Postprandial glucose excursions may be better controlled by adjusting the timing of prandial insulin dose administration. The optimal time to administer prandial insulin varies, based on the type of insulin used (regular, rapid-acting analog, inhaled, etc.), measured blood glucose level, timing of meals, and carbohydrate consumption. Recommendations for prandial insulin dose administration should therefore be individualized.
Insulin Injection Technique
Ensuring that patients and/or caregivers understand correct insulin injection technique is important to optimize glucose control and insulin use safety. Thus, it is important that insulin be delivered into the proper tissue in the right way. Recommendations have been published elsewhere outlining best practices for insulin injection (21). Proper insulin injection technique includes injecting into appropriate body areas, injection site rotation, appropriate care of injection sites to avoid infection or other complications, and avoidance of intramuscular (IM) insulin delivery.

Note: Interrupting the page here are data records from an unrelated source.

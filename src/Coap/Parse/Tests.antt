-- ===== src/Coap/Parse/Tests.antt =====
-- Messages that are parsed, and the theorems at concrete messages.
use knx_iot_stack.Prelude.{ℕ, ◌≡◌, ◌≢◌, refl, arith, true, false, List, [], ◌∷◌}
use knx_iot_stack.Coap.Options.{
  parse_option_header, parse_extended, is_payload_marker, parse_int_option, set_option_header,
  option_nibble, extended,
}
use knx_iot_stack.Coap.Packet.{
  unsupported_media_type, bad_option, empty_packet, no_options, set_option,
}
use knx_iot_stack.Coap.Parse.{
  parsed, failed, out_of_fuel, take_option, udp_parse_message, parse_options, take_payload,
  merge_multi_option,
}
use knx_iot_stack.Coap.Parse.Errors.{udp_parse_message-supported}
use knx_iot_stack.Coap.Parse.Ends.{parse_options-ends}
use knx_iot_stack.Coap.Parse.Critical.{encode, AllTolerable, parse_options-tolerable}

-- GET /a/b with the token 07: the path is joined from its two options.
abbrev request : List ℕ
request = 0x41 ∷ 0x01 ∷ 0x12 ∷ 0x34 ∷ 0x07 ∷ 0xb1 ∷ b'a' ∷ 0x01 ∷ b'b' ∷ []

request_parsed :
    udp_parse_message 1024 request
    ≡ parsed (record empty_packet {
      version = 1;
      code = 1;
      mid = 0x1234;
      token = 7 ∷ [];
      options = set_option 11 no_options;
      uri_path = b'a' ∷ b'/' ∷ b'b' ∷ [];
    })
unfolding udp_parse_message parse_option_header parse_extended is_payload_marker take_option
    parse_int_option take_payload merge_multi_option set_option empty_packet
request_parsed = refl

-- The format 41, application/xml, is not among those that are named.
udp_parse_message-supported_example :
    udp_parse_message 1024 (0x40 ∷ 0x02 ∷ 0 ∷ 1 ∷ 0xc1 ∷ 41 ∷ 0xff ∷ b'x' ∷ [])
    ≢ failed unsupported_media_type empty_packet
udp_parse_message-supported_example =
    udp_parse_message-supported 1024 (0x40 ∷ 0x02 ∷ 0 ∷ 1 ∷ 0xc1 ∷ 41 ∷ 0xff ∷ b'x' ∷ [])
      empty_packet

parse_options-ends_example :
    parse_options 1024 true true false (0xb1 ∷ b'a' ∷ 0xd0 ∷ []) empty_packet ≢ out_of_fuel
parse_options-ends_example =
    parse_options-ends 1024 true true false (0xb1 ∷ b'a' ∷ 0xd0 ∷ []) empty_packet

-- Option 13 is critical and unknown.
critical_refused :
    parse_options 1024 true true false (0xb1 ∷ b'a' ∷ 0x20 ∷ []) empty_packet
    ≡ failed bad_option (record empty_packet {
      options = set_option 13 (set_option 11 no_options);
      uri_path = b'a' ∷ [];
    })
unfolding parse_options parse_option_header parse_extended is_payload_marker take_option
    parse_int_option merge_multi_option set_option empty_packet no_options
critical_refused = refl

abbrev good_options : List (ℕ × List ℕ)
good_options = (11, b'a' ∷ []) ∷ (16, 5 ∷ []) ∷ []

parse_options-tolerable_example : AllTolerable good_options
unfolding parse_options parse_option_header parse_extended is_payload_marker take_option
    parse_int_option take_payload merge_multi_option set_option empty_packet no_options encode
    set_option_header option_nibble extended
parse_options-tolerable_example =
    parse_options-tolerable 1024 true true false good_options (0xff ∷ 1 ∷ []) empty_packet
      (record empty_packet {
        options = set_option 16 (set_option 11 no_options);
        uri_path = b'a' ∷ [];
        payload = 1 ∷ [];
      })
      (omega arith) refl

Exogenous-delivered insulin should be injected into subcutaneous tissue, not intramuscularly. Recommended sites for insulin injection include the abdomen, thigh, buttock, and upper arm (21). Because insulin absorption from IM sites differs according to the activity of the muscle, inadvertent IM injection can lead to unpredictable insulin absorption and variable effects on glucose, with IM injection being associated with frequent and unexplained hypoglycemia in several reports (21-23). Risk for IM insulin delivery is increased in younger and lean patients when injecting into the limbs rather than truncal sites (abdomen and buttocks) and when using longer needles (24). Recent evidence supports the use of short needles (e.g., 4-mm pen needles) as effective and well tolerated when compared to longer needles (25,26), including a study performed in obese adults (27). Injection site rotation is additionally necessary to avoid lipohypertrophy and lipoatrophy (21). Lipohypertrophy can contribute to erratic insulin absorption, increased glycemic variability, and unexplained hypoglycemic episodes (28). Patients and/or caregivers should receive education about proper injection site rotation and to recognize and avoid areas of lipohypertrophy (21). As noted in Table 4.1, examination of insulin injection sites for the presence of lipohypertrophy, as well as assessment of injection device use and injection technique, are key components of a comprehensive diabetes medical evaluation and treatment plan. As referenced above, there are now numerous evidence-based insulin delivery recommendations that have been published. Proper insulin injection technique may lead to more effective use of this therapy and, as such, holds the potential for improved clinical outcomes.